His debut against the Oilers last night didn’t prove his merit in the NHL for life, but it did go to show the 20-year-old rookie can bring some more life to the Canucks.

“Of course, I was nervous the first few shifts,” he told reporters following his debut. “But I just kept going from there.”

Hoglander entered training camp with no North American hockey experience and stole a top-six forward spot away from top prospect Jake Virtanen.

The 40th overall pick in 2019, Hoglander skated alongside Bo Horvat from the start of training camp and was a natural fit. The Canucks didn’t have much forward depth in the top six, even losing a safe option in Loui Eriksson.

His numbers in the SHL don’t jump out, with 14 points in 33 games. There were concerns how his game would translate to the NHL, but the pleasant surprise for the Canucks isn’t something they’re about to question.

“He was really good tonight,” head coach Travis Green told media members postgame. “He was strong at both ends of the rink, strong on the puck and made some nice plays. Very happy with his game. You see a guy in practice and in a scrimmage and you wonder how he’ll react to a regular-season game. I thought he raised his game.”

On Wednesday night, Hoglander set up Horvat’s first goal. Then, he fired in his own, a rebound off a shot from Tanner Pearson, late in the second period to break a 1-1 stalemate.

The way he got the puck to Horvat matters as much as the assist itself. He won a board battle to set up his center, an ability that was questioned given his transition from Europe.

He showed he could play at the NHL level and succeed at the NHL level, on the scoresheet and off.

“I couldn’t believe it when the puck went in,” Hoglander told reporters after the game. “It was a moment and so happy to see it go in and playing against the best players in the world. It feels good because I felt comfortable the whole game and I thought we played a good game. They (Horvat, Pearson) are good players and easy to play with and the goal I scored, I just got the pass and just put it in.”

The numbers off the boxscore were just as solid. Hoglander set up a team-high 11 shots, serving as their best playmaker in his first game.

The Canucks are already littered with young -- and fun -- talent. Brock Boeser is 23. Horvat is 25. Quinn Hughes, last season’s Calder runner-up, is 21, and Hart finalist favorite Elias Petterson is just 22 himself.

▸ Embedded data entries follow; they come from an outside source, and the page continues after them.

-- ===== src/Async/Heartbeat.antt =====
-- AsyncHeartbeatScheduler of src/redis_rate_limiter/core/async_limiters.py: one task that renews the
-- leases of many. What holds the lock is one step. It looks at the head of the heap under one lock,
-- and takes it under another; what a renewal has shown and the next renewal are two locked parts too.
pub mod Coverage
use redis_rate_limiter.Prelude.{ℕ, Bool, true, false, List, [], ◌∷◌, ltb, if◌then◌else◌}
use redis_rate_limiter.Prelude.Text.{Text}
use redis_rate_limiter.Heartbeat.{
  Action, Tuple, Thread, stopped, looping, renewing, Scheduler, initial, register, deregister, turn,
  Renewal, renewed, redis_error, other_error, renew_one, reschedule,
}

pub record AsyncScheduler : Type 0 where
  pub core : Scheduler
  -- the head of the heap was due at the last look, and is to be taken
  pub due : Bool
  -- the renewal has ended, and the next one is to be scheduled
  pub settled : Bool

-- __init__
abbrev pub at_rest : AsyncScheduler
at_rest = record { core = initial; due = false; settled = false }

-- Whether the head of the heap is due.
unfoldable pub is_head_due : ℕ → List Tuple → Bool
is_head_due now [] = false
is_head_due now (t ∷ heap) = if ltb now t.due then false else true

-- The first locked part of the loop. A wait changes nothing.
unfoldable pub peek : ℕ → AsyncScheduler → AsyncScheduler
unfolding is_head_due
peek now s =
    if s.core.shutdown
    then record s { core = record s.core { thread = stopped } }
    else record s { due = is_head_due now s.core.heap }

-- The second one: the head is looked at again, popped, and dropped if it is stale.
unfoldable pub pop : ℕ → AsyncScheduler → AsyncScheduler
unfolding turn
pop now s = record s { core = turn now s.core.heap s.core; due = false }

-- _renew_one; an exception that it does not catch ends the task.
unfoldable pub settle_renewal : Text → Action → Renewal → AsyncScheduler → AsyncScheduler
unfolding renew_one
settle_renewal id action other_error s = record s { core = record s.core { thread = stopped } }
settle_renewal id action renewed s = record s {
  core = renew_one id action renewed s.core;
  settled = true;
}
settle_renewal id action redis_error s = record s {
  core = renew_one id action redis_error s.core;
  settled = true;
}

-- The last locked part.
unfoldable pub schedule_next : ℕ → ℕ → Text → AsyncScheduler → AsyncScheduler
unfolding reschedule
schedule_next interval now id s = record s {
  core = reschedule interval now id (s.core.entries id) s.core;
  settled = false;
}

-- The task's next step, at a time; a renewal that ends does so with the outcome.
unfoldable pub run_on : ℕ → ℕ → Renewal → Thread → AsyncScheduler → AsyncScheduler
unfolding peek pop settle_renewal schedule_next
run_on interval now outcome stopped s = s
run_on interval now outcome looping s = if s.due then pop now s else peek now s
run_on interval now outcome (renewing id action) s =
    if s.settled then schedule_next interval now id s else settle_renewal id action outcome s

pub data HeartbeatEvent : Type 0 where
  enters : ℕ → Text → Action → HeartbeatEvent
  leaves : Text → HeartbeatEvent
  closes : HeartbeatEvent
  runs_on : ℕ → Renewal → HeartbeatEvent

unfoldable pub occur : ℕ → HeartbeatEvent → AsyncScheduler → AsyncScheduler
unfolding register deregister run_on
occur interval (enters now id action) s = record s { core = register interval now id action s.core }
occur interval (leaves id) s = record s { core = deregister id s.core }
occur interval closes s = record s { core = record s.core { shutdown = true } }
occur interval (runs_on now outcome) s = run_on interval now outcome s.core.thread s

unfoldable pub occur_all : ℕ → List HeartbeatEvent → AsyncScheduler → AsyncScheduler
unfolding occur
occur_all interval [] s = s
occur_all interval (e ∷ events) s = occur_all interval events (occur interval e s)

Hoglander is younger than the rest of them at 20, and he’s in the NHL, serving big minutes, earlier than anticipated.

Playing over 16 minutes, the Canucks were ready to let Hoglander run free; go hog wild, so to speak. They trusted their young player after his camp performance, and it paid off; they saw one of their strongest organizational rookie debuts in recent memory, which says a lot given their abundance of young talent

Rookie slumps are a thing, and it’s fair to think Hoglander’s pace won’t be as torrid during the grueling 56-game schedule. The Canucks needed forward depth, especially in their top six, like they need oxygen though. Especially given his low cap hit and their dire salary cap situation, the Canucks could sure use Hoglander to not only fill a spot, but be a reliable option night in and night out.

They’re on the Hoglander hype train now, and there’s no looking back.